Настя говорила степенно и так жалобно, будто муж ее и в самом деле собрался в гроб ложиться. Она то садилась на лавку, то вставала и ходила по горнице. Во всем облике и статности много было прежнего, чего-то вольного и молодого. И только в глазах — повзрослевшая грусть и важная усталость.
Заглянула в свою спальню. Там все как лет восемнадцать назад. Только уютнее и прибраннее. Старая железная кровать с латунными шарами, кружевное покрывало на цветастом лоскутном одеяле — когда-то не бедное приданое матери. На той койке мать рожала их, ребят, на ней умерла старая бабка, здесь отдыхала сама Настя, придя с фронта, а потом занимали спальню младшие сестренки.
— Как вчера все, — не стыдясь, всхлипнула Настя. Промокнула глаза перчаткой, подошла к мужу.

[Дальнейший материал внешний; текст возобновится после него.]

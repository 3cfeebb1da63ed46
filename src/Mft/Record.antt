-- ===== src/Mft/Record.antt =====
-- `parse_mft_record`: a file record from its raw bytes.
pub mod Total
use Prim.Native.Nat.{bit_and}
use file_recovery_engine.Prelude.{ℕ, zero, suc, ◌+◌, Bool, not, ◌||◌, List, [], ◌∷◌, ◌++◌}
use file_recovery_engine.Prelude.{ltb, leb, ◌==◌, if◌then◌else◌, length, get_elem?}
use file_recovery_engine.Prelude.Outcome.{ok, err, stuck, fail_if, or_panic, ◌>>=◌, ◌>>◌}
use file_recovery_engine.Prelude.Bytes.{Bytes, get_range, bytes_eq, ascii}
use file_recovery_engine.Mft.Types.{MftRecord, MftRecordHeader, AttributeRecord, AttributeForm}
use file_recovery_engine.Mft.Types.{buffer_too_small, invalid_sector_size, invalid_signature}
use file_recovery_engine.Mft.Types.{invalid_bytes_in_use, invalid_first_attribute_offset}
use file_recovery_engine.Mft.Types.{attribute_out_of_bounds, invalid_attribute_length}
use file_recovery_engine.Mft.Types.{invalid_non_resident_flag}
use file_recovery_engine.Mft.Fields.{Parsed, read_u16, read_u32, read_u64}
use file_recovery_engine.Mft.Fixup.{apply_update_sequence_fixup}
use file_recovery_engine.Mft.Attributes.{parse_attribute_name, parse_resident_attribute}
use file_recovery_engine.Mft.Attributes.{parse_non_resident_attribute}

abbrev pub attribute_type_end : ℕ
attribute_type_end = 0xFFFF_FFFF

-- `MftRecordHeader::in_use` and `MftRecordHeader::is_directory`.
unfoldable pub in_use : MftRecordHeader → Bool
in_use header = not (bit_and header.flags 0x0001 == 0)

unfoldable pub is_directory : MftRecordHeader → Bool
is_directory header = not (bit_and header.flags 0x0002 == 0)

-- The `match` on the non-resident flag.
pub parse_form : ℕ → Bytes → Parsed AttributeForm
parse_form flag attribute_bytes =
    if flag == 0
    then parse_resident_attribute attribute_bytes
    else if flag == 1
    then parse_non_resident_attribute attribute_bytes
    else err (invalid_non_resident_flag flag)

-- The attribute at `cursor`, which is `attribute_length` bytes long.
pub parse_attribute : Bytes → ℕ → ℕ → ℕ → Parsed AttributeRecord
unfolding parse_form
parse_attribute fixed cursor attribute_length attribute_type = do
  let attribute_end = cursor + attribute_length
  non_resident_flag ← or_panic (get_elem? fixed (cursor + 8))
  name_length ← or_panic (get_elem? fixed (cursor + 9))
  name_offset ← read_u16 fixed (cursor + 10)
  flags ← read_u16 fixed (cursor + 12)
  attribute_id ← read_u16 fixed (cursor + 14)
  attribute_bytes ← or_panic (get_range fixed cursor attribute_end)
  name ← parse_attribute_name attribute_bytes name_offset name_length
  form ← parse_form non_resident_flag attribute_bytes
  ok (record {
    attribute_type = attribute_type;
    name = name;
    flags = flags;
    attribute_id = attribute_id;
    form = form;
  })

-- `while cursor + 4 <= parse_limit`. A round takes sixteen bytes or ends the loop.
pub attributes_loop : Bytes → ℕ → ℕ → ℕ → List AttributeRecord → Parsed (List AttributeRecord)
unfolding parse_attribute
attributes_loop fixed parse_limit zero cursor attributes =
    if leb (cursor + 4) parse_limit then stuck else ok attributes
attributes_loop fixed parse_limit (suc fuel) cursor attributes =
    if not (leb (cursor + 4) parse_limit) then ok attributes else do
      attribute_type ← read_u32 fixed cursor
      if attribute_type == attribute_type_end then ok attributes else do
        fail_if (ltb parse_limit (cursor + 16)) (attribute_out_of_bounds cursor 16 parse_limit)
        attribute_length ← read_u32 fixed (cursor + 4)
        fail_if (ltb attribute_length 16) (invalid_attribute_length cursor attribute_length)
        fail_if (ltb parse_limit (cursor + attribute_length))
            (attribute_out_of_bounds cursor attribute_length parse_limit)
        attribute ← parse_attribute fixed cursor attribute_length attribute_type
        attributes_loop fixed parse_limit fuel (cursor + attribute_length)
            (attributes ++ (attribute ∷ []))

-- The header, from the fixed bytes and the two fields that are checked before it is built.
pub parse_header : Bytes → ℕ → ℕ → Parsed MftRecordHeader
parse_header fixed bytes_in_use first_attribute_offset = do
  usa_offset ← read_u16 fixed 0x04
  usa_count ← read_u16 fixed 0x06
  sequence_number ← read_u16 fixed 0x10
  hard_link_count ← read_u16 fixed 0x12
  flags ← read_u16 fixed 0x16
  bytes_allocated ← read_u32 fixed 0x1C
  base_record_reference ← read_u64 fixed 0x20
  next_attribute_id ← read_u16 fixed 0x28
  record_number ← read_u32 fixed 0x2C
  ok (record {
    usa_offset = usa_offset;
    usa_count = usa_count;
    sequence_number = sequence_number;
    hard_link_count = hard_link_count;
    first_attribute_offset = first_attribute_offset;
    flags = flags;
    bytes_in_use = bytes_in_use;
    bytes_allocated = bytes_allocated;
    base_record_reference = base_record_reference;
    next_attribute_id = next_attribute_id;
    record_number = record_number;
  })

-- The part of `parse_mft_record` behind the fixup.
pub parse_fixed : Bytes → Parsed MftRecord
unfolding attributes_loop parse_header
parse_fixed fixed = do
  signature ← or_panic (get_range fixed 0x00 0x04)
  fail_if (not (bytes_eq signature (ascii "FILE"))) (invalid_signature signature)
  bytes_in_use ← read_u32 fixed 0x18
  fail_if (bytes_in_use == 0 || ltb (length fixed) bytes_in_use) (invalid_bytes_in_use bytes_in_use)
  first_attribute_offset ← read_u16 fixed 0x14
  fail_if (leb bytes_in_use first_attribute_offset)
      (invalid_first_attribute_offset first_attribute_offset)
  header ← parse_header fixed bytes_in_use first_attribute_offset
  attributes ← attributes_loop fixed bytes_in_use bytes_in_use first_attribute_offset []
  ok (record { header = header; attributes = attributes })

unfoldable pub parse_mft_record : Bytes → ℕ → Parsed MftRecord
unfolding parse_fixed
parse_mft_record record_bytes bytes_per_sector = do
  fail_if (ltb (length record_bytes) 48) (buffer_too_small 48 (length record_bytes))
  fail_if (ltb bytes_per_sector 2) (invalid_sector_size bytes_per_sector)
  fixed ← apply_update_sequence_fixup record_bytes bytes_per_sector
  parse_fixed fixed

— Да, тяжеловата изба для нас, — как бы жалеючи Настю, проговорил он. — А прямее сказать: для дачи она не годится — ни отдохнуть, ни поработать здесь... Все как-то давит тут на меня. Ты чувствуешь? И темно как-то.

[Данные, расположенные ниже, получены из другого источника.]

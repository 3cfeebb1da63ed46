-- ===== src/Mft/Record/Total.antt =====
-- `parse_mft_record` on arbitrary bytes.
use file_recovery_engine.Prelude.{
  ℕ, zero, suc, ◌+◌, ◌≤◌, arith, not, ◌||◌, List, [], ◌∷◌, ◌++◌, inl, inr,
}
use file_recovery_engine.Prelude.{ltb, leb, ◌==◌, Bool-cases, length, get_elem?-some}
use file_recovery_engine.Prelude.Outcome.{Returns, Returns-bind, Returns-fail_if}
use file_recovery_engine.Prelude.Bytes.{Bytes, IsSlice, bytes_eq, ascii, get_range_total}
use file_recovery_engine.Mft.Types.{AttributeRecord}
use file_recovery_engine.Mft.Fields.{read_u16_total, read_u32_total, read_u64_total}
use file_recovery_engine.Mft.Fixup.Total.{
  apply_update_sequence_fixup-Returns, apply_update_sequence_fixup-length,
}
use file_recovery_engine.Mft.Attributes.Total.{
  parse_attribute_name-Returns, parse_resident_attribute-Returns,
  parse_non_resident_attribute-Returns,
}
use file_recovery_engine.Mft.Record.{
  parse_form, parse_attribute, attributes_loop, attribute_type_end, parse_header, parse_fixed,
  parse_mft_record,
}

parse_form-Returns : (flag : ℕ) (bytes : Bytes) → Returns (parse_form flag bytes)
unfolding parse_form
parse_form-Returns flag bytes =
    grind
      (arith, parse_resident_attribute-Returns bytes, parse_non_resident_attribute-Returns bytes)

parse_attribute-Returns :
    (fixed : Bytes) (cursor size type : ℕ)
    → 16 ≤ size
    → cursor + size ≤ length fixed
    → Returns (parse_attribute fixed cursor size type)
unfolding parse_attribute
parse_attribute-Returns fixed cursor size type h k =
    let (flag, e) = get_elem?-some fixed (cursor + 8) (omega arith) in
    let (name_length, f) = get_elem?-some fixed (cursor + 9) (omega arith) in
    let (name_offset, g) = read_u16_total fixed (cursor + 10) (omega arith) in
    let (flags, i) = read_u16_total fixed (cursor + 12) (omega arith) in
    let (id, j) = read_u16_total fixed (cursor + 14) (omega arith) in
    let (bytes, l, m) = get_range_total fixed cursor (cursor + size) (omega arith) k in
    rw (e, f, g, i, j, l)
      (Returns-bind _ _ (parse_attribute_name-Returns bytes name_offset name_length)
        (λ name _. Returns-bind _ _ (parse_form-Returns flag bytes) (λ form _. (λ p. cc, λ p. cc))))

attributes_loop-Returns :
    (fixed : Bytes) (limit fuel cursor : ℕ) (attributes : List AttributeRecord)
    → limit ≤ length fixed
    → limit ≤ fuel + cursor
    → Returns (attributes_loop fixed limit fuel cursor attributes)
unfolding attributes_loop
attributes_loop-Returns fixed limit zero cursor attributes h k = ground arith
attributes_loop-Returns fixed limit (suc fuel) cursor attributes h k =
    elim (Bool-cases (leb (cursor + 4) limit)) [
      | inr done ↦ rw done (λ p. cc, λ p. cc)
      | inl more ↦
          let (type, e) = read_u32_total fixed cursor (ground arith) in
          elim (Bool-cases (type == attribute_type_end)) [
            | inl last ↦ rw (more, e, last) (λ p. cc, λ p. cc)
            | inr next ↦
                rw (more, e, next)
                  (Returns-fail_if (ltb limit (cursor + 16)) _ _ λ enough.
                    let (size, f) = read_u32_total fixed (cursor + 4) (ground arith) in
                    rw f (
                      Returns-fail_if (ltb size 16) _ _ λ wide.
                        Returns-fail_if (ltb limit (cursor + size)) _ _ λ inside.
                          let fits : cursor + size ≤ length fixed = ground arith in
                          let large : 16 ≤ size = ground arith in
                          Returns-bind _ _
                            (parse_attribute-Returns fixed cursor size type large fits)
                            (λ attribute _.
                              attributes_loop-Returns fixed limit fuel (cursor + size)
                                (attributes ++ (attribute ∷ [])) h (omega arith))))
          ]
    ]

parse_header-Returns :
    (fixed : Bytes) (used first : ℕ) → 48 ≤ length fixed → Returns (parse_header fixed used first)
unfolding parse_header
parse_header-Returns fixed used first h = grind (
  arith,
  read_u16_total fixed 0x04,
  read_u16_total fixed 0x06,
  read_u16_total fixed 0x10,
  read_u16_total fixed 0x12,
  read_u16_total fixed 0x16,
  read_u32_total fixed 0x1C,
  read_u64_total fixed 0x20,
  read_u16_total fixed 0x28,
  read_u32_total fixed 0x2C,
)

parse_fixed-Returns : (fixed : Bytes) → 48 ≤ length fixed → Returns (parse_fixed fixed)
unfolding parse_fixed
parse_fixed-Returns fixed h =
    let (signature, e, size) = get_range_total fixed 0x00 0x04 (omega arith) (omega arith) in
    let (used, f) = read_u32_total fixed 0x18 (omega arith) in
    let (first, g) = read_u16_total fixed 0x14 (omega arith) in
    rw (e, f, g)
      (Returns-fail_if (not (bytes_eq signature (ascii "FILE"))) _ _ λ signed.
        Returns-fail_if (used == 0 || ltb (length fixed) used) _ _ λ within.
          Returns-fail_if (leb used first) _ _ λ before.
            Returns-bind _ _ (parse_header-Returns fixed used first h) λ header _.
              Returns-bind _ _
                (attributes_loop-Returns fixed used used first [] (ground arith) (omega arith))
                (λ attributes _. (λ p. cc, λ p. cc)))

-- On every byte string and for every sector size `parse_mft_record` returns, with a record or with
-- an error: no read runs out of range, and each of its three loops ends.
pub parse_mft_record-Returns :
    (bytes : Bytes) (bps : ℕ) → IsSlice bytes → Returns (parse_mft_record bytes bps)
unfolding parse_mft_record
parse_mft_record-Returns bytes bps slice = Returns-fail_if (ltb (length bytes) 48) _ _ λ long.
    Returns-fail_if (ltb bps 2) _ _ λ wide.
      Returns-bind _ _ (apply_update_sequence_fixup-Returns bytes bps slice (ground arith))
        λ fixed e.
          parse_fixed-Returns fixed
            (let same = apply_update_sequence_fixup-length bytes bps e in ground arith)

Александр Александрович стоял спиной к окну, загородив своей рыхлой фигурой свет. И, казалось, так трудно стоялось ему, будто и впрямь эту старую русскую избу взвалили ему на плечи.
— А что, если, Сашенька, продать этот дом и купить полегче, посветлее, с верандочкой, с воздухом?.. Вот только сада такого на всем белом свете не найти нам, — мечтательно пожалела Настя, приваливаясь головой к плечу мужа и заглядывая через окно наружу.

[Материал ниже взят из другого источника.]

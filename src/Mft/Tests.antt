-- ===== src/Mft/Tests.antt =====
-- A record of two sectors of 32 bytes and a list of mapping pairs, and the theorems on them.
use file_recovery_engine.Prelude.{
  ℕ, ◌≤◌, ◌<◌, ◌≡◌, refl, arith, none, some, List, [], ◌∷◌, All, get_elem?,
}
use file_recovery_engine.Prelude.Outcome.{ok, Returns}
use file_recovery_engine.Prelude.Bytes.{Bytes, IsSlice, get_range, from_le, all_bytes_sound}
use file_recovery_engine.Prelude.Int.{pos, as_i64, checked_addℤ}
use file_recovery_engine.Mft.Types.{DataRun}
use file_recovery_engine.Mft.Fields.{read_u16}
use file_recovery_engine.Prelude.Checked.{saturating_mul}
use file_recovery_engine.Mft.Fixup.{apply_update_sequence_fixup}
use file_recovery_engine.Mft.Fixup.Repairs.{Outside}
use file_recovery_engine.Mft.Fixup.Total.{Ran}
use file_recovery_engine.Mft.Fixup.Restores.{Repaired, apply_update_sequence_fixup_restores}
use file_recovery_engine.Mft.Runs.{parse_data_runs, parse_unsigned_le, parse_signed_le}
use file_recovery_engine.Mft.Runs.Total.{IsRun, parse_data_runs-IsRun}
use file_recovery_engine.Mft.Record.{parse_mft_record}
use file_recovery_engine.Mft.Record.Total.{parse_mft_record-Returns}

abbrev raw_record : Bytes
raw_record =
    70 ∷ 73 ∷ 76 ∷ 69 ∷ 48 ∷ 0 ∷ 3 ∷ 0 ∷ 0 ∷ 0 ∷ 0 ∷ 0 ∷ 0 ∷ 0 ∷ 0 ∷ 0 ∷ 1 ∷ 0 ∷ 1 ∷ 0 ∷ 56 ∷ 0 ∷ 1
    ∷ 0 ∷ 64 ∷ 0 ∷ 0 ∷ 0 ∷ 64 ∷ 0 ∷ 7 ∷ 0 ∷ 0 ∷ 0 ∷ 0 ∷ 0 ∷ 0 ∷ 0 ∷ 0 ∷ 0 ∷ 0 ∷ 0 ∷ 0 ∷ 0 ∷ 0 ∷ 0
    ∷ 0 ∷ 0 ∷ 7 ∷ 0 ∷ 9 ∷ 8 ∷ 6 ∷ 5 ∷ 0 ∷ 0 ∷ 255 ∷ 255 ∷ 255 ∷ 255 ∷ 0 ∷ 0 ∷ 7 ∷ 0 ∷ []

abbrev fixed_record : Bytes
fixed_record =
    70 ∷ 73 ∷ 76 ∷ 69 ∷ 48 ∷ 0 ∷ 3 ∷ 0 ∷ 0 ∷ 0 ∷ 0 ∷ 0 ∷ 0 ∷ 0 ∷ 0 ∷ 0 ∷ 1 ∷ 0 ∷ 1 ∷ 0 ∷ 56 ∷ 0 ∷ 1
    ∷ 0 ∷ 64 ∷ 0 ∷ 0 ∷ 0 ∷ 64 ∷ 0 ∷ 9 ∷ 8 ∷ 0 ∷ 0 ∷ 0 ∷ 0 ∷ 0 ∷ 0 ∷ 0 ∷ 0 ∷ 0 ∷ 0 ∷ 0 ∷ 0 ∷ 0 ∷ 0
    ∷ 0 ∷ 0 ∷ 7 ∷ 0 ∷ 9 ∷ 8 ∷ 6 ∷ 5 ∷ 0 ∷ 0 ∷ 255 ∷ 255 ∷ 255 ∷ 255 ∷ 0 ∷ 0 ∷ 6 ∷ 5 ∷ []

raw_record-IsSlice : IsSlice raw_record
raw_record-IsSlice = omega arith

parse_mft_record-Returns_example : Returns (parse_mft_record raw_record 32)
parse_mft_record-Returns_example = parse_mft_record-Returns raw_record 32 raw_record-IsSlice

fixed : apply_update_sequence_fixup raw_record 32 ≡ ok fixed_record
unfolding apply_update_sequence_fixup read_u16 get_range from_le saturating_mul
fixed = refl

apply_update_sequence_fixup_restores_example :
    (r : Ran raw_record 32 fixed_record) × ((k : ℕ)
      → 1 ≤ k
      → k < r.count
      → Repaired raw_record 32 r.offset r.count r.seq k fixed_record)
    × ((j : ℕ)
        → ((k : ℕ) → 1 ≤ k → k < r.count → Outside 32 k j)
        → get_elem? fixed_record j ≡ get_elem? raw_record j)
apply_update_sequence_fixup_restores_example =
    apply_update_sequence_fixup_restores raw_record fixed_record 32 raw_record-IsSlice
      (all_bytes_sound raw_record refl) (omega arith) fixed

-- A run of 24 clusters at LCN 22068, then a sparse one of 8 clusters.
abbrev mapping_pairs : Bytes
mapping_pairs = 33 ∷ 24 ∷ 52 ∷ 86 ∷ 1 ∷ 8 ∷ 0 ∷ []

abbrev runs : List DataRun
runs =
    record { cluster_count = 24; lcn = some (pos 22068) }
    ∷ record { cluster_count = 8; lcn = none }
    ∷ []

parsed_runs : parse_data_runs mapping_pairs ≡ ok runs
unfolding parse_data_runs parse_unsigned_le parse_signed_le get_range from_le as_i64 checked_addℤ
parsed_runs = refl

parse_data_runs-IsRun_example : All IsRun runs
parse_data_runs-IsRun_example = parse_data_runs-IsRun mapping_pairs runs parsed_runs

Александр Александрович нежно обнял ее, словно в доме, кроме них, никого не было, и поцеловал в лоб, как младшую сестренку.
Спохватившись, Настя засовестилась своих слов о продаже дома. Проворно вывернулась из-под руки мужа и успела стать на пути Евдокима, шагнувшего было к выходу.
— Ребята-то по свету разлетелись, собрать — не соберешь теперь! — Как-то по-свойски она взяла Евдокима за руку и усадила на лавку. Сама села рядом и по-бабьи вольно затараторила, боясь, что Евдоким не дослушает до конца.
— Знаю, Евдоким Ефимович, знаю. Из писем подруг все знаю... К Зине я уже сама ездила не раз. Она недалеко от нас, от Москвы. В Иваново тоже собираюсь. Васятка ответное письмо прислал, а думала — загордится. Он ведь один мужчина у нас, — начала уныло, а кончила с усмешкой Настя. — Мы с Александром Александровичем думаем поближе к Москве устроить его, вот только службу кончит...
Евдоким ничему не удивился, что говорила Настя, но и не всему поверил. Непонятной она и сама стала. Вспомнилось, как когда-то и куда-то увела растерявшуюся Настю глухая и дикая страсть, а вот что теперь занесло ее в родной дом — не сообразишь сразу. Спрашивала она, как жил и сам Евдоким в эти годы, что думает делать дальше. Спрашивала Настя не прямо, с хитринкой. Огонек неясного интереса, горевший в ее глазах, сбивал с толку Евдокима.
— Ваш дом, Настась Никифоровна, вам и хозяевать, — просто обернул намек Насти Евдоким.
— Зачем же так обижаться? — деликатно вступил в разговор Александр Александрович. — Прямо сказать, вы здесь постоялец, как я знаю. И вам придется теперь дело иметь с новым хозяином — и только всего.
Александр Александрович продолжал стоять спиной к окну. Он играл своим резным костыликом и рассматривал, словно диковину, русскую печь.
— Эко, махина какая! — изумленно качал он головой. Лес дров проглотит! — с усмешкой обернулся к жене.
Дымчатые лохмы бровей, строго поставленный нос и эта усмешка в расплывчатых глазах не по нутру Евдокиму. Он-то уж знал, чем была печь в этом доме: кормилицей и приютом, баней и больницей — тоже... Евдоким смолчал.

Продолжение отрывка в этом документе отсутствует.